Madeline had taken a seat in the armchair, her legs curled up under her dressing gown. The other servants had gone to check the grounds for more intruders and to prepare a pyre for the carpet and their late visitor. Only Crack had stayed behind, watching worriedly.

“It didn’t come in a coach, did it?” Madeline asked suddenly. “How did it follow us?”

“It didn’t, apparently.” Nicholas nodded to Crack, who shifted uneasily and explained, “Devis saw it walk up the road to the drive when he was coming back from the stables.”

“So someone dropped it off earlier and it waited until it saw us arrive,” she said thoughtfully. “I wonder, was that Octave at the ball tonight or was it this thing? No, that can’t be right. The ward would have detected it, or the familiar above the doorway. It has the invitation, but the real Octave must have given the creature his outer clothes, and forgotten to take the invitation away.”

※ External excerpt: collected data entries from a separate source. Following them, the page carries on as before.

-- ===== src/Fetch.antt =====
-- The transport of a feed, `feeds/feed_fetch.py`: the policy, the check of a target's addresses, the
-- bounded body, and the redirects. Times count microseconds.
pub mod Wire
pub mod Target
pub mod Body
pub mod Discovery
pub mod Examples
pub mod Follow
pub mod Refreshed
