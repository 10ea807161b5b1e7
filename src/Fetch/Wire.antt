-- ===== src/Fetch/Wire.antt =====
-- What `feeds/feed_fetch.py` sends and receives, and the libraries that it calls: `requests`, the
-- resolver, `urlsplit` and `ipaddress`.
use daily_firehose.Common.{ℕ, String, Bool, Option, List, Result, ok, err}
pub mod Laws

-- What a fetch raises: a `FeedFetchError`, with its code and message, or the `UnicodeError` of a
-- host's name that cannot be encoded, which no `except` of the fetch catches.
pub data FetchError : Type 0 where
  feed_fetch_error : String → String → FetchError
  unicode_error : FetchError

abbrev pub error_of : String → String → FetchError
error_of code message = feed_fetch_error code message

-- What `getaddrinfo` does: it answers addresses, or raises an `OSError`, or a `UnicodeError` where a
-- label of the name is empty or too long.
pub data Lookup : Type 0 where
  found_addresses : List String → Lookup
  os_error not_encodable : Lookup

-- What `urlsplit` and its attributes answer.
pub record UrlParts : Type 0 where
  pub scheme : String
  pub netloc : String
  pub hostname : Option String
  pub username : Option String
  pub password : Option String
  pub port : Option ℕ

-- `ipaddress.ip_address`; `is_site_local` is false where an address has no such attribute
pub record Address : Type 0 where
  pub is_global : Bool
  pub is_multicast : Bool
  pub is_site_local : Bool

-- What `iter_content` yields: a chunk of bytes, or the exception that ends it, by the tests of
-- `_classify_stream_error` on it and on what is nested in it.
pub data StreamEvent : Type 0 where
  chunk : List ℕ → StreamEvent
  broken : Bool → Bool → StreamEvent

pub record Response : Type 0 where
  pub status_code : ℕ
  pub header : String → Option String
  pub stream : List StreamEvent

-- `session.send`
pub data Sent : Type 0 where
  timed_out ssl_error request_error : Sent
  answered : Response → Sent

-- The network as one fetch sees it: a world, and the URLs that requests were sent to, the last one
-- first.
pub record Net (W : Type 0) : Type 0 where
  pub world : W
  pub sent : List String

-- The libraries. `prepare` answers none where `Request(...).prepare()` raises; `split_url` where
-- `urlsplit` or the port raises a `ValueError`; `addresses` is `getaddrinfo`; `address` and `content_length` where `ip_address` and `int` raise a `ValueError`. A negative
-- length reads as 0, which is below every limit as well.
pub record Env (W : Type 0) : Type 0 where
  pub monotonic : W → ℕ × W
  pub prepare : String → Option (Option String)
  pub split_url : String → Option UrlParts
  pub addresses : String → ℕ → W → Lookup × W
  pub address : String → Option Address
  pub send : String → W → Sent × W
  pub join_url : String → String → Option String
  pub content_length : String → Option ℕ
  pub split_comma : String → List String
  pub strip : String → String
  pub lower : String → String

-- A call on the network that may raise.
abbrev pub Call : Type 0 → Type 0 → Type 0
Call W A = Net W → Result FetchError A × Net W

abbrev pub raise : {W A : Type 0} → String → String → Call W A
raise code message s = (err (error_of code message), s)

abbrev pub answer : {W A : Type 0} → A → Call W A
answer a s = (ok a, s)

abbrev pub continue :
    {W A B : Type 0} → (A → Call W B) → Result FetchError A × Net W → Result FetchError B × Net W
continue next (err e, s) = (err e, s)
continue next (ok a, s) = next a s

infixl 5 ◌>>=◌ ◌>>◌
abbrev pub ◌>>=◌ : {W A B : Type 0} → Call W A → (A → Call W B) → Call W B
◌>>=◌ call next s = continue next (call s)

abbrev pub ◌>>◌ : {W B : Type 0} → Call W (Unit {0}) → Call W B → Call W B
call >> next = call >>= λ _. next

-- a call that raises nothing
abbrev pub call_lib : {W A : Type 0} → (W → A × W) → Call W A
call_lib f s = let (a, w) = f s.world in (ok a, record s { world = w })
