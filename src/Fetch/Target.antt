-- ===== src/Fetch/Target.antt =====
-- `_check_deadline`, `_prepare_request` and `_validate_target` of `feeds/feed_fetch.py`.
use daily_firehose.Common.{
  ℕ, String, Bool, true, false, not, ◌&&◌, ◌||◌, Option, none, some, List, [], ◌∷◌, is_none,
  is_some, leb, ◌==◌, str_eq, truthy, if◌then◌else◌, Result, ok, err,
}
use daily_firehose.Fetch.Wire.{
  FetchError, unicode_error, error_of, Lookup, found_addresses, os_error, not_encodable, UrlParts,
  Address, Net, Env, Call, raise, answer, call_lib, ◌>>=◌, ◌>>◌,
}
pub mod Allowed
pub mod Explained

module _ {W : Type 0} (env : Env W) where
  unfoldable pub check_deadline : ℕ → Call W (Unit {0})
  check_deadline deadline = call_lib env.monotonic >>= λ now.
      if leb deadline now
      then raise "timeout" "Feed request exceeded its total time limit."
      else answer tt

  abbrev pub invalid_request : String → String
  invalid_request code =
      if str_eq code "invalid_redirect"
      then "Feed redirect destination is invalid."
      else "Feed URL is invalid."

  abbrev pub prepared_url : String → Option (Option String) → Result FetchError String
  prepared_url code none = err (error_of code (invalid_request code))
  prepared_url code (some none) = err (error_of code "Feed URL is invalid.")
  prepared_url code (some (some url)) = ok url

  unfoldable pub prepare_request : String → String → Result FetchError String
  prepare_request code url = prepared_url code (env.prepare url)

  abbrev pub is_http : UrlParts → Bool
  is_http p = str_eq p.scheme "http" || str_eq p.scheme "https"

  -- the tests on the parts of a URL
  abbrev pub is_plain_http : UrlParts → Bool
  is_plain_http p =
      is_http p && truthy p.netloc && is_some p.hostname && is_none p.username && is_none p.password

  abbrev pub effective_port : UrlParts → Option ℕ → ℕ
  effective_port p (some port) = port
  effective_port p none = if str_eq p.scheme "https" then 443 else 80

  -- `_ALLOWED_PORTS`
  abbrev pub is_allowed_port : ℕ → Bool
  is_allowed_port port = (port == 80) || (port == 443)

  abbrev pub is_public : Address → Bool
  is_public a = a.is_global && not a.is_multicast && not a.is_site_local

  abbrev pub check_address :
      Option Address → Result FetchError (Unit {0}) → Result FetchError (Unit {0})
  check_address none others = err (error_of "dns_failure" "Feed host returned an invalid address.")
  check_address (some ip) others =
      if is_public ip
      then others
      else err (error_of "blocked_target" "Feed URL resolves to a blocked network address.")

  -- the loop over the addresses
  unfoldable pub check_addresses : List String → Result FetchError (Unit {0})
  check_addresses [] = ok tt
  check_addresses (a ∷ rest) = check_address (env.address a) (check_addresses rest)

  -- the `except OSError`, which lets a `UnicodeError` pass, and the test on the answer
  abbrev pub resolved : Lookup → Result FetchError (List String)
  resolved os_error = err (error_of "dns_failure" "Feed host could not be resolved.")
  resolved not_encodable = err unicode_error
  resolved (found_addresses []) = err (error_of "dns_failure" "Feed host could not be resolved.")
  resolved (found_addresses (a ∷ rest)) = ok (a ∷ rest)

  abbrev pub lift : {A : Type 0} → Result FetchError A → Call W A
  lift r s = (r, s)

  abbrev pub resolve : String → ℕ → Call W (Unit {0})
  resolve host port = call_lib (env.addresses host port) >>= λ found.
      lift (resolved found) >>= λ addresses. lift (check_addresses addresses)

  abbrev pub check_port : UrlParts → Option String → Call W (Unit {0})
  check_port p none =
      raise "invalid_url" "Feed URL must be an absolute HTTP(S) URL without credentials."
  check_port p (some host) =
      let port = effective_port p p.port in
      if is_allowed_port port
      then resolve host port
      else raise "blocked_port" "Feed URL must use destination port 80 or 443."

  abbrev pub check_parts : Option UrlParts → Call W (Unit {0})
  check_parts none = raise "invalid_url" "Feed URL is invalid."
  check_parts (some p) =
      if is_plain_http p
      then check_port p p.hostname
      else raise "invalid_url" "Feed URL must be an absolute HTTP(S) URL without credentials."

  unfoldable pub validate_target : String → Call W (Unit {0})
  validate_target url = check_parts (env.split_url url)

“True.” Nicholas was taking a sample of the gray powder, scooping it carefully into a glass vial. Crack came over to help secure the stopper with a bit of wire. “We’ll take this when we visit Arisilde tomorrow and see what he makes of it.”

“If he’s of any help.” Madeline rubbed her face tiredly. “There’s no telling what state he’s in.”

Nicholas rested his arms on his knees. His back was aching and it had been a long night. “He’s got to be of some help. Someone is taking an alarming sort of interest in us.” He took the vial of powder back from Crack and set it on the table. It caught the candlelight as if it were more diamond dust than sand, but the reflection it gave off was the blue of Octave’s spell light. “A very alarming sort of interest, indeed.”